YOUR ASSIGNMENT
Every line from the one with "if w.path == classpath" to the end of the data needs to be copied exactly, and no line before it.

(Stored data)
· · · ·

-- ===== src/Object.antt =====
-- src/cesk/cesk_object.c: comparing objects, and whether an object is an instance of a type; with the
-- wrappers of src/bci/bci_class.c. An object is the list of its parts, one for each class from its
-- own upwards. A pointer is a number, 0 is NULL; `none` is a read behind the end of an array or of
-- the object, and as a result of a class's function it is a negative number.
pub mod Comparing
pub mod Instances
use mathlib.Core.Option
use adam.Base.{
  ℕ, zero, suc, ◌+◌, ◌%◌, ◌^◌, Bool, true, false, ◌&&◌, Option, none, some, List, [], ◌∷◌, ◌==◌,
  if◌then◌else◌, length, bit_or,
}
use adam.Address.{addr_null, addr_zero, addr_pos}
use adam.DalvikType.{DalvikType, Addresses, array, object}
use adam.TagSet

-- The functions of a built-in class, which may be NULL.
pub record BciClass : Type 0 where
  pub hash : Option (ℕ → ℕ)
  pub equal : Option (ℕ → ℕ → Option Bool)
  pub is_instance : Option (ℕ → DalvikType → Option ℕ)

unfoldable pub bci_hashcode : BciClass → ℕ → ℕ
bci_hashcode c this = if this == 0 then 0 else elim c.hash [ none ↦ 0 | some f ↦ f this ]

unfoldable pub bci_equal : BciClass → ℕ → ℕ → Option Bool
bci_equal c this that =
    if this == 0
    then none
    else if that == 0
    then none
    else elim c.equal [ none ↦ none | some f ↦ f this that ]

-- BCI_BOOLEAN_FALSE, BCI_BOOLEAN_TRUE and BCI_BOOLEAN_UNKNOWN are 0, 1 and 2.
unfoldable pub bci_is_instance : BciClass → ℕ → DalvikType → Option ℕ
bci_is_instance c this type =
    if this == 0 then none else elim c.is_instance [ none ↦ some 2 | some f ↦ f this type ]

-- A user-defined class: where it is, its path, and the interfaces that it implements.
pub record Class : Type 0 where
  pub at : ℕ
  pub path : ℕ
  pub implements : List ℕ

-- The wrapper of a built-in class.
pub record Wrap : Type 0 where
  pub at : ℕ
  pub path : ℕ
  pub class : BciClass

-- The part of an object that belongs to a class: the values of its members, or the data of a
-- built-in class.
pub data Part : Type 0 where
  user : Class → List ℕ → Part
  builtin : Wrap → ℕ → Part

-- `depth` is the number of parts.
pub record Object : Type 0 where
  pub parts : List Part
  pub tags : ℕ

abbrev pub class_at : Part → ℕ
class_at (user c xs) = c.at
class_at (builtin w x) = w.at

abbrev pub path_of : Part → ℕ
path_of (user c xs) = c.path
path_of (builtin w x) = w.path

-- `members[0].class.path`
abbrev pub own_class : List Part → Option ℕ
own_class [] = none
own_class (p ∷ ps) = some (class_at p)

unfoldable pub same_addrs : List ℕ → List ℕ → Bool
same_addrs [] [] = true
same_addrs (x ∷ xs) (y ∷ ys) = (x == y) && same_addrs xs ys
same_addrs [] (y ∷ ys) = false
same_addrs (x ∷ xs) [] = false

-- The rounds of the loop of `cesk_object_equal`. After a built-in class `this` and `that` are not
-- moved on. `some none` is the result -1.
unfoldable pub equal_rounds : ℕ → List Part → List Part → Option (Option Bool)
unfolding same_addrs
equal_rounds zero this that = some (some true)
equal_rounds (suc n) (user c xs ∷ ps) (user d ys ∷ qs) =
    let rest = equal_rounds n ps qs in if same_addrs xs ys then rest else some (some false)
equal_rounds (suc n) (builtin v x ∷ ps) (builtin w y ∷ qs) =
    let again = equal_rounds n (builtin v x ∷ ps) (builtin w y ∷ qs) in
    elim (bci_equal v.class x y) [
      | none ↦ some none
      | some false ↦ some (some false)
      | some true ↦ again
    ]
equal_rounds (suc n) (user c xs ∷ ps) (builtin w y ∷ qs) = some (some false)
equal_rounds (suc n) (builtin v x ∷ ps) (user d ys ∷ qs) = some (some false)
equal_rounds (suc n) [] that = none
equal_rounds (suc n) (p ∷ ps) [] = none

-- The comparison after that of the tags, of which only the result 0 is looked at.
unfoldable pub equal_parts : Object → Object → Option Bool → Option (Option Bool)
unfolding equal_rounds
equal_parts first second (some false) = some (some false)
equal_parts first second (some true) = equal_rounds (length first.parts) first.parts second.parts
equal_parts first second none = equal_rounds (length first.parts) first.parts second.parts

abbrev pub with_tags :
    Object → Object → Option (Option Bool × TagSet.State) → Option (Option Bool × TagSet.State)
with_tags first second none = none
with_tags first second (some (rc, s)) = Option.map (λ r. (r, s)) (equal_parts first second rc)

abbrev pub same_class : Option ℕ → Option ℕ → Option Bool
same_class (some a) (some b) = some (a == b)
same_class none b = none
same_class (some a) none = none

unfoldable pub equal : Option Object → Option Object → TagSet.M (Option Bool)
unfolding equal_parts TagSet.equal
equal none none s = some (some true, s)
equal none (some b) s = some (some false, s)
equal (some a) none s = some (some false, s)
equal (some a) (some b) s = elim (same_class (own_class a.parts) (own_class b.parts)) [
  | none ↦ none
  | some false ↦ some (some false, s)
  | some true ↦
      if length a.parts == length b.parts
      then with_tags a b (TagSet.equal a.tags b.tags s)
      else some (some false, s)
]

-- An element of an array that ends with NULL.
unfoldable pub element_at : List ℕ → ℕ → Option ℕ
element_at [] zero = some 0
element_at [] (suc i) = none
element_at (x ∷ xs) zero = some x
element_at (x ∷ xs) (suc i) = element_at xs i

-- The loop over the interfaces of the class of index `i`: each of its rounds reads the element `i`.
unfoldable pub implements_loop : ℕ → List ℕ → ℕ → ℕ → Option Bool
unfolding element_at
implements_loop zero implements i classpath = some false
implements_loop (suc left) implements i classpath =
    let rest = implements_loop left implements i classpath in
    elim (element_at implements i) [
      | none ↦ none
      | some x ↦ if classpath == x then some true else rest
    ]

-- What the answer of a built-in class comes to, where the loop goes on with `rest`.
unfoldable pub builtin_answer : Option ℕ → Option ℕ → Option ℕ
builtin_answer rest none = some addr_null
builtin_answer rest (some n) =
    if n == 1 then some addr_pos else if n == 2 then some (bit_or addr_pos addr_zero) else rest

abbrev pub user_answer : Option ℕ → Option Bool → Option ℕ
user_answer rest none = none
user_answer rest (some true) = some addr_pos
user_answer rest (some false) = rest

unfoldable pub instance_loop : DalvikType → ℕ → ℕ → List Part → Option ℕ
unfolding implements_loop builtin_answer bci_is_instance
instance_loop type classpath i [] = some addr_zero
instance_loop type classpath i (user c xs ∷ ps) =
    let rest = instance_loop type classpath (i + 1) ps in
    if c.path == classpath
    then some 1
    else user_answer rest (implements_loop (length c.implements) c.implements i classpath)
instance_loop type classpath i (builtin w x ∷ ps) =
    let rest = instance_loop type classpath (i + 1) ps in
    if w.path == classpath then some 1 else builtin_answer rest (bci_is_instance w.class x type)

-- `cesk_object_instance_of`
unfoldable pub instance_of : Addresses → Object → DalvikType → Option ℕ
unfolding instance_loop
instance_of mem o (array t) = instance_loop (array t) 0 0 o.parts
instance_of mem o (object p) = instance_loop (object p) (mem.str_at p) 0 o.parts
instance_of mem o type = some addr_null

· · · ·

TASK OUTPUT
    if w.path == classpath then some 1 else builtin_answer rest (bci_is_instance w.class x type)

-- `cesk_object_instance_of`
unfoldable pub instance_of : Addresses → Object → DalvikType → Option ℕ
unfolding instance_loop
instance_of mem o (array t) = instance_loop (array t) 0 0 o.parts
instance_of mem o (object p) = instance_loop (object p) (mem.str_at p) 0 o.parts
instance_of mem o type = some addr_null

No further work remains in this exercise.